*** Dataset records ***

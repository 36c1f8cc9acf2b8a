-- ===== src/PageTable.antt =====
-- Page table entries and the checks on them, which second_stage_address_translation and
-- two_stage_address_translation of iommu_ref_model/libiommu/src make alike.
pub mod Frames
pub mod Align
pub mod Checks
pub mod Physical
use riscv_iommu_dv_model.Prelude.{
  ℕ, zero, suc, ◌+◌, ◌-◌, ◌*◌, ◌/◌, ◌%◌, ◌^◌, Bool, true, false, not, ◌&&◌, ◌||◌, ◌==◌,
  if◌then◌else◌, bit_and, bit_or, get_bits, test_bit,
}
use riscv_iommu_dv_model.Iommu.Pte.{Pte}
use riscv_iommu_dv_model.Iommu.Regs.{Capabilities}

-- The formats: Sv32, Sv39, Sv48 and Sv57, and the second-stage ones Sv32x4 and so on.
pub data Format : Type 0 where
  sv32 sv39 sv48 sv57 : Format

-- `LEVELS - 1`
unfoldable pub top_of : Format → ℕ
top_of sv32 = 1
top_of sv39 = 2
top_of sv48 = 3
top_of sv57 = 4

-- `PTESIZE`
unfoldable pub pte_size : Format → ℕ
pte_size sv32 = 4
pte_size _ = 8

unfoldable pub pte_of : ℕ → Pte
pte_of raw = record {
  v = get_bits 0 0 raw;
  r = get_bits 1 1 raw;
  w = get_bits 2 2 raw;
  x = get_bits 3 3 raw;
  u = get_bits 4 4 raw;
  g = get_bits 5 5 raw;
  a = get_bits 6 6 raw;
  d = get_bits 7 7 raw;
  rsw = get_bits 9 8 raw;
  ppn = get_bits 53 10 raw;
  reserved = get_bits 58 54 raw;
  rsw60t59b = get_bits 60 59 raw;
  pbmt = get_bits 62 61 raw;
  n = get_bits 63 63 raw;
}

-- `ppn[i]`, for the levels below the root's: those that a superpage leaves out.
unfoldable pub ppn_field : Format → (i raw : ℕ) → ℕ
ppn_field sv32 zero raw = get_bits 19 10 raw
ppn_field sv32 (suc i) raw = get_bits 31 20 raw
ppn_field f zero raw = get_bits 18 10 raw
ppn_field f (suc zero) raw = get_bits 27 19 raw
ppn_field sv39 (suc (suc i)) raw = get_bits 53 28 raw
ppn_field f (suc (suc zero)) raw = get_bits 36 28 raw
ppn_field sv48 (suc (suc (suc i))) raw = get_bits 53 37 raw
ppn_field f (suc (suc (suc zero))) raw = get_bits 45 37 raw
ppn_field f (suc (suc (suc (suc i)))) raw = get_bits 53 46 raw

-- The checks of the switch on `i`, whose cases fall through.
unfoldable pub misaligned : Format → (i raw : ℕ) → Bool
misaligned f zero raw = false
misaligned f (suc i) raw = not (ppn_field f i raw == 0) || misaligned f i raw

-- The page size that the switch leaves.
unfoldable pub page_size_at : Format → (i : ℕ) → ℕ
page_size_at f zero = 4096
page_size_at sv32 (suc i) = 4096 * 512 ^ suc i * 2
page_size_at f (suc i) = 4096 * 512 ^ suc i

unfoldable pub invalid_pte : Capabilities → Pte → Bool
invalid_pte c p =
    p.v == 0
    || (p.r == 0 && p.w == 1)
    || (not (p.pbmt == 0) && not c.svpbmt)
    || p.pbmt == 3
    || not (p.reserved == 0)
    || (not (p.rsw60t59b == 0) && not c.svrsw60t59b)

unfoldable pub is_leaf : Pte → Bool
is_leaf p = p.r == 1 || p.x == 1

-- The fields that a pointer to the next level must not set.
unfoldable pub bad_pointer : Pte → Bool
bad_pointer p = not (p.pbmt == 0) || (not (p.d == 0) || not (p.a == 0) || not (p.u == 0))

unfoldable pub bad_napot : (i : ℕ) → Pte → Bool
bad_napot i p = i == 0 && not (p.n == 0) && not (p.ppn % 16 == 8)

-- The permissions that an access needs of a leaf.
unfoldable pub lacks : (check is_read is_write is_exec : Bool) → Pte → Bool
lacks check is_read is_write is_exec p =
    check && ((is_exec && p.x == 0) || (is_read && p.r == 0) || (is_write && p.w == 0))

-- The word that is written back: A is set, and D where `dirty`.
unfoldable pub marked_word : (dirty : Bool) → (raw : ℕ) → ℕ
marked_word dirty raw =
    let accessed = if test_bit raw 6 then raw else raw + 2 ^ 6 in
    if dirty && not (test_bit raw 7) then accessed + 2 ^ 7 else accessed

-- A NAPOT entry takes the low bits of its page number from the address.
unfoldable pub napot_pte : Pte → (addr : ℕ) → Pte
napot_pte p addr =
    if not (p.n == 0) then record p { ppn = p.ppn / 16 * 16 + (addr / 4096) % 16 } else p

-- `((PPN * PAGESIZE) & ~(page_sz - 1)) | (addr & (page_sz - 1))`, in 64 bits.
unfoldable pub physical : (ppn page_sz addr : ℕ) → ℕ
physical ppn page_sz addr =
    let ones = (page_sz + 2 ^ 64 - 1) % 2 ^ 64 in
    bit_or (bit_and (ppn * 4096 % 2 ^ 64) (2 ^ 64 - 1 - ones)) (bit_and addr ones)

*** End of Dataset records ***

Transcribe the records above exactly, beginning at the line that contains "let accessed = if" and ending with the line that contains "let ones = (page_sz", both included, and nothing else.

## Exercise solution
    let accessed = if test_bit raw 6 then raw else raw + 2 ^ 6 in
    if dirty && not (test_bit raw 7) then accessed + 2 ^ 7 else accessed

-- A NAPOT entry takes the low bits of its page number from the address.
unfoldable pub napot_pte : Pte → (addr : ℕ) → Pte
napot_pte p addr =
    if not (p.n == 0) then record p { ppn = p.ppn / 16 * 16 + (addr / 4096) % 16 } else p

-- `((PPN * PAGESIZE) & ~(page_sz - 1)) | (addr & (page_sz - 1))`, in 64 bits.
unfoldable pub physical : (ppn page_sz addr : ℕ) → ℕ
physical ppn page_sz addr =
    let ones = (page_sz + 2 ^ 64 - 1) % 2 ^ 64 in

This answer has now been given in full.